The phenomonon is due to the facts that since the fibers 3 are electrostatically flocked to the release adhesive-applied surface of the support base sheet 1 while the material of the release adhesive layer 2 is still in the molten state, the base ends 3a of the fibers 3 invade into the adhesive layer 2 by a rather great depth and that when the fibers are flocked to the release support base sheet while the material of the release adhesive layer 2 is still in the molten state, the material of the adhesive layer rises up or builds up along the base ends 3a of the fibers 3 by the so-called capillarity to form surrounding curtains about the fiber base ends.
Thus, in order to provide a transferable flocked fiber design or sticker material having the releasably flocked fiber base produced by the prior art method described hereinabove, when a thermoplastic and pressure sensitive synthetic resin layer 4 is applied to the exposed ends of the releasably flocked fibers 3 and the thus obtained transferable flocked fiber design or sticker material is then applied to an article to be decorated with the design material such as a shirt S, there are at least the following three disadvantages.
First, even when the thermoplastic and pressure-sensitive synthetic resin layer 4 is formed at the free ends of the flocked fibers 3 of the releasably flocked fiber base, since the flocked fibers 3 extend above the release adhesive layer 2 by different distances, the free ends of the flocked fibers 3 do not lie in the same horizontal plane.

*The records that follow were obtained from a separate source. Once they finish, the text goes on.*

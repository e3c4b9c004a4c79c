-- ===== src/Services/Launch/Closed.antt =====
-- What becomes of the connections that the device server hands over, up to the destructor of the
-- base station.
use iot_heater.Prelude.{ℕ, ◌+◌, List, [], ◌∷◌, ◌++◌, ◌≡◌, refl, arith, ◌==◌, if◌then◌else◌}
use iot_heater.BaseStation.State.{Station, DeviceConnection, Outcome}
use iot_heater.BaseStation.Connections.{handle_new_device, destroy}
use iot_heater.BaseStation.Connections.Balance.{closes, listed, closes-append, destroy-listed}
use iot_heater.BaseStation.Commands.Queue.{handle_sms_command}
use iot_heater.BaseStation.Process.{process}
use iot_heater.BaseStation.Process.Closed.{process-Balanced}
use iot_heater.Services.Launch.{Event, round, connection, message, handle, main_loop}

-- How often a descriptor is handed over.
abbrev pub handed_over : ℕ → List Event → ℕ
handed_over fd [] = 0
handed_over fd (round r ∷ es) = handed_over fd es
handed_over fd (connection k now ∷ es) = (if k == fd then 1 else 0) + handed_over fd es
handed_over fd (message from content ∷ es) = handed_over fd es

listed-snoc :
    (fd : ℕ) (cs : List DeviceConnection) (c : DeviceConnection)
    → listed fd (cs ++ c ∷ []) ≡ (if c.fd == fd then 1 else 0) + listed fd cs
listed-snoc fd [] c = refl
listed-snoc fd (d ∷ cs) c = omega (arith, listed-snoc fd cs c)

main_loop-closes :
    (fd : ℕ) (es : List Event) (st : Station)
    → closes fd (main_loop es st).1 + listed fd (main_loop es st).0.connections
      ≡ handed_over fd es + listed fd st.connections
unfolding main_loop handle handle_new_device handle_sms_command
main_loop-closes fd [] st = refl
main_loop-closes fd (round r ∷ es) st =
    let o : Outcome = process r st in
    omega (
      arith,
      process-Balanced fd r st,
      main_loop-closes fd es o.0,
      closes-append fd o.1 (main_loop es o.0).1,
    )
main_loop-closes fd (connection k now ∷ es) st =
    let c : DeviceConnection = record { fd = k; last_seen = now } in
    omega
      (arith, main_loop-closes fd es (handle_new_device k now st), listed-snoc fd st.connections c)
main_loop-closes fd (message from content ∷ es) st =
    main_loop-closes fd es (handle_sms_command from content st)

-- Whatever rounds, messages and connections follow: a descriptor is closed, in the rounds and by the
-- destructor behind them, as often as it was handed over or listed at the start.
pub main_loop-destroy :
    (fd : ℕ) (es : List Event) (st : Station)
    → let (st', e) = main_loop es st in
      closes fd (e ++ destroy st') ≡ handed_over fd es + listed fd st.connections
main_loop-destroy fd es st =
    let o : Outcome = main_loop es st in
    omega
      (arith, main_loop-closes fd es st, destroy-listed fd o.0, closes-append fd o.1 (destroy o.0))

This means that the free ends of some of the flocked fibers 3 do not reach are not adhered to the synthetic resin layer 4 (see FIGS. 1 and 2).
Thus, when the fibers 3 are transferred onto an article to be decorated such as a shirt S by employing the transferable flocked fiber design material or sticker A having the releasably flocked fiber base as described hereinabove incorporated therein, even if the thermoplastic and pressure-sensitive layer 4 is applied against the shirt and melted under heating and pressurization conditions so as to cause a portion of the material of the synthetic resin layer 4 to penetrate into the openings between the threads of the shirt S, the ends of some of the fibers may fail to reach the molten penetrating portion of the material of the synthetic resin layer 4. As a result, the fibers which do not reach the penetrating portion of the material of the synthetic resin layer 4 will not be transferred onto the shirt S and in an extreme case, the fibers are sparsely transferred onto the shirt S to provide an incomplete fiber transfer pattern (see FIG. 3).

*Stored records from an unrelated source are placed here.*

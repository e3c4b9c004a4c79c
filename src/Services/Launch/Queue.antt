-- ===== src/Services/Launch/Queue.antt =====
-- Every message that waits is taken, whatever else happens.
use iot_heater.Prelude.{
  ℕ, zero, suc, ◌+◌, ◌-◌, ◌≤◌, List, [], ◌∷◌, ◌++◌, ◌≡◌, refl, ap, ◌∙◌, sym, arith, length, drop,
  append-nil, append_assoc, length-drop,
}
use iot_heater.Text.{Bytes}
use iot_heater.BaseStation.State.{Station}
use iot_heater.BaseStation.Connections.{handle_new_device}
use iot_heater.BaseStation.Commands.Queue.{handle_sms_command}
use iot_heater.BaseStation.Process.{process}
use iot_heater.BaseStation.Process.Rounds.{process-drop}
use iot_heater.Services.Launch.{Event, round, connection, message, handle, main_loop}

-- The messages that arrive, in order, and the number of rounds.
abbrev pub arrivals : List Event → List (Bytes × Bytes)
arrivals [] = []
arrivals (round r ∷ es) = arrivals es
arrivals (connection fd now ∷ es) = arrivals es
arrivals (message from content ∷ es) = (from, content) ∷ arrivals es

abbrev pub rounds_in : List Event → ℕ
rounds_in [] = 0
rounds_in (round r ∷ es) = suc (rounds_in es)
rounds_in (connection fd now ∷ es) = rounds_in es
rounds_in (message from content ∷ es) = rounds_in es

module _ {ℓ} {A : Type ℓ} where
  drop_append_split :
      (n : ℕ) (xs ys : List A) → drop n (xs ++ ys) ≡ drop n xs ++ drop (n - length xs) ys
  drop_append_split zero xs ys = let e : 0 - length xs ≡ 0 = omega arith in rw e refl
  drop_append_split (suc n) [] ys = let e : suc n - 0 ≡ suc n = omega arith in rw e refl
  drop_append_split (suc n) (x ∷ xs) ys =
      let e : suc n - suc (length xs) ≡ n - length xs = omega arith in
      rw e (drop_append_split n xs ys)

  drop_none : (n : ℕ) → drop n (let l : List A = [] in l) ≡ []
  drop_none zero = refl
  drop_none (suc n) = refl

  drop-drop : (n k : ℕ) (xs : List A) → drop k (drop n xs) ≡ drop (n + k) xs
  drop-drop zero k xs = let e : 0 + k ≡ k = omega arith in rw e refl
  drop-drop (suc n) k [] = drop_none k ∙ sym (drop_none (suc n + k))
  drop-drop (suc n) k (x ∷ xs) =
      let e : suc n + k ≡ suc (n + k) = omega arith in rw e (drop-drop n k xs)

  -- What is dropped of the front is dropped of the whole.
  drop_front : (n : ℕ) (xs ys : List A) → (k : ℕ) × (drop n xs ++ ys ≡ drop k (xs ++ ys))
  drop_front n [] ys = (0, ap (λ (l : List A). l ++ ys) (drop_none n))
  drop_front zero (x ∷ xs) ys = (0, refl)
  drop_front (suc n) (x ∷ xs) ys = let (k, e) = drop_front n xs ys in (suc k, e)

-- A queue of old and new messages: with a round for each of the old ones, what is left are the last
-- ones of the new.
main_loop-queue :
    (es : List Event) (st : Station) (old new : List (Bytes × Bytes))
    → st.commands ≡ old ++ new
    → length old ≤ rounds_in es
    → (k : ℕ) × ((main_loop es st).0.commands ≡ drop k (new ++ arrivals es))
unfolding main_loop handle handle_new_device handle_sms_command
main_loop-queue [] st [] new q h = (0, q ∙ sym (append-nil new))
main_loop-queue [] st (m ∷ old) new q h = absurd (omega arith)
main_loop-queue (connection fd now ∷ es) st old new q h = main_loop-queue es _ old new q h
main_loop-queue (message from content ∷ es) st old new q h =
    let m : List (Bytes × Bytes) = (from, content) ∷ [] in
    let (k, e) =
      main_loop-queue es (handle_sms_command from content st) old (new ++ m)
        (ap (λ (l : List (Bytes × Bytes)). l ++ m) q ∙ append_assoc old new m) h in
    (k, e ∙ ap (λ (l : List (Bytes × Bytes)). drop k l) (append_assoc new m (arrivals es)))
main_loop-queue (round r ∷ es) st old new q h =
    let (k, taken) = process-drop r st in
    let j : ℕ = suc k - length old in
    let left =
      taken
      ∙ ap (λ (l : List (Bytes × Bytes)). drop (suc k) l) q
      ∙ drop_append_split (suc k) old new in
    let (k2, e) =
      main_loop-queue es (process r st).0 (drop (suc k) old) (drop j new) left
        (omega (arith, length-drop (suc k) old)) in
    let (k3, e3) = drop_front j new (arrivals es) in
    (
      k3 + k2,
      e ∙ ap (λ (l : List (Bytes × Bytes)). drop k2 l) e3 ∙ drop-drop k3 k2 (new ++ arrivals es),
    )

-- Whatever messages, connections and rounds of the main loop follow: once there were as many rounds
-- as messages waiting at the start, all of those have been taken, and what waits are the last ones
-- of the messages that arrived since, in order.
pub main_loop-serves :
    (es : List Event) (st : Station)
    → length st.commands ≤ rounds_in es
    → (k : ℕ) × ((main_loop es st).0.commands ≡ drop k (arrivals es))
main_loop-serves es st h = main_loop-queue es st st.commands [] (sym (append-nil st.commands)) h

Second, when the releasably flocked fiber base is coloured or printed in a desired design or pattern by means of the conventional screen printing or the like, the base ends 3a of the flocked fibers 3 are embedded deeply in the solidified release adhesive layer 2 because of the capillarity mentioned hereinabove in connection with the second phenomenon and since the base ends 3a of the fibers 3 are surrounded by the rising portions of the material of the release adhesive layer 2, the printing ink is prevented from penetrating throughout the full length of the individual fibers whereby the flocked fibers 3 cannot be satisfactorily coloured or printed. Therefore, when the fiber transfer operation is performed by the employment of the transferble flocked fiber design or sticker material having the releasably flocked fiber base including such imcompletely coloured or printed flocked fibers, there is the possibility that the fibers which are spottily coloured or printed are transferred onto the shirt S.

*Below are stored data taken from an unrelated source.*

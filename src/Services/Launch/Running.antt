-- ===== src/Services/Launch/Running.antt =====
-- What runs once `main` has come to its loop.
use iot_heater.Prelude.{
  ℕ, true, false, List, [], ◌∷◌, Option, none, some, ◌≡◌, refl, ap, arith, subst, sym, Option-cases,
  inl, inr,
}
use iot_heater.BaseStation.State.{Station}
use iot_heater.BaseStation.Validity.{IsValid}
use iot_heater.BaseStation.Persist.{construct}
use iot_heater.BaseStation.Process.Reach.{IsReachable, Step, started, stepped, IsReachable-IsValid}
use iot_heater.Services.Listener
use iot_heater.Services.Watcher
use iot_heater.Services.WebServer
use iot_heater.Services.Launch.{
  Host, Program, running, start_program, start_device_server, start_web, Event, round, connection,
  message, handle, main_loop,
}

handle-Step : (e : Event) (st : Station) → Step st (handle e st).0
unfolding handle
handle-Step (round r) st = Step.round r
handle-Step (connection fd now) st = Step.connection fd now
handle-Step (message from content) st = Step.message from content

main_loop-IsReachable :
    (es : List Event) (st : Station) → IsReachable st → IsReachable (main_loop es st).0
unfolding main_loop
main_loop-IsReachable [] st r = r
main_loop-IsReachable (e ∷ es) st r =
    main_loop-IsReachable es (handle e st).0 (stepped r (handle-Step e st))

-- What a start leaves: the server of controllers listens, the receiver runs, the daemon serves.
abbrev pub IsUp : Host → Program → Type 0
IsUp h p =
    (n : ℕ) × (d : ℕ) × (p.device_server.fd ≡ some n)
    × (p.device_server.running ≡ true)
    × (h.sockets.listen_works (some n) ≡ true)
    × (p.sms_receiver.running ≡ true)
    × (p.web_server.daemon ≡ some d)
    × (h.daemon ≡ some d)
    × (p.base_station ≡ (construct h.state_file h.word).0)

start_web-running :
    (daemon : Option ℕ) (p q : Program)
    → p.web_server ≡ WebServer.created
    → start_web daemon p ≡ running q
    → (d : ℕ) × (daemon ≡ some d)
      × (q ≡ record p { web_server = record { daemon = some d; stopped = [] } })
unfolding start_web WebServer.start WebServer.created
start_web-running none p q w e = absurd (ground arith)
start_web-running (some d) p q w e = (d, refl, ground arith)

-- The program as it stands behind the start of the receiver.
abbrev started_servers : Host → ℕ → Program
started_servers h n = record {
  base_station = (construct h.state_file h.word).0;
  device_server = record { running = true; has_thread = true; fd = some n; open_sockets = n ∷ [] };
  sms_receiver = record { running = true; has_thread = true };
  web_server = record { daemon = none; stopped = [] };
}

start_program-listening :
    (h : Host) (p : Program)
    → h.sockets.listen_works none ≡ false
    → start_program h ≡ running p
    → (n : ℕ) × (h.sockets.listen_works (some n) ≡ true)
      × (start_web h.daemon (started_servers h n) ≡ running p)
unfolding start_program start_device_server Listener.start Listener.listen_and_spawn
    Listener.created Watcher.start Watcher.created WebServer.created Listener.drop_socket
start_program-listening h p r e = elim (Option-cases h.sockets.socket) [
  | inl none_left ↦ absurd (ground arith)
  | inr (n, got) ↦ (n, ground arith, ground arith)
]

-- If `main` comes to its loop, then the device server listens on a descriptor on which `listen` has
-- succeeded, the thread of the receiver runs, the web server has its daemon, and the base station is
-- the one that its constructor makes of the state file. This takes `listen` on -1 to fail.
pub running_program :
    (h : Host) (p : Program)
    → h.sockets.listen_works none ≡ false
    → start_program h ≡ running p
    → IsUp h p
unfolding start_program
running_program h p r e =
    let (n, works, web) = start_program-listening h p r e in
    let (d, served, same) =
      start_web-running h.daemon (started_servers h n) p (unfold WebServer.created in refl) web in
    (
      n,
      d,
      ap (λ (q : Program). q.device_server.fd) same,
      ap (λ (q : Program). q.device_server.running) same,
      works,
      ap (λ (q : Program). q.sms_receiver.running) same,
      ap (λ (q : Program). q.web_server.daemon) same,
      served,
      ap (λ (q : Program). q.base_station) same,
    )

-- While the program runs, the settings of the base station are well formed, if `listen` on -1 fails.
pub main_loop-IsValid :
    (h : Host) (es : List Event) (p : Program)
    → h.sockets.listen_works none ≡ false
    → start_program h ≡ running p
    → IsValid (main_loop es p.base_station).0
main_loop-IsValid h es p r e =
    let up = running_program h p r e in
    IsReachable-IsValid (
      main_loop-IsReachable es p.base_station
        (subst IsReachable (sym up.8) (started h.state_file h.word)))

Third, in the transfer of the releasably flocked fibers 3 from the transferable flocked fiber design or sticker material A onto the shirt S as mentioned hereinabove, the releasably flocked fibers 3 to be transferred onto the shirt in a desired or predetermined design or pattern has to be separated promptly and easily from the sticker material A.
However, since the base ends 3a of some of the releasably flocked fibers 3 of the releasably flocked fiber base in which the above-mentioned second phenomenon occurred are embedded deeply in the solidified release adhesive layer 2 or surrounded by rising portions of the material of the release adhesive layer, when the transferable flocked fiber material A is separated from shirt S in the fiber transfer operation so as to permanently transfer and retain the fibers 3 onto and on the shirt in a desired or predetermined design or pattern defined by the colouring or printing, such fibers are firmly retained on the solidified release adhesive layer 2 or on the thermoplastic and pressure-sensitive synthetic resin layer 4, such fibers 3 break off or are pulled up by the adhesive applied base sheet 1 without being transferred onto the shirt S in the separation operation to thereby provide a sparsely transferred fiber design or pattern. Furthermore, there is the possibility that a portion of the material of the release adhesive layer 2 itself remains to adhere to the transferred fibers 3 and is transferred onto the shirt S.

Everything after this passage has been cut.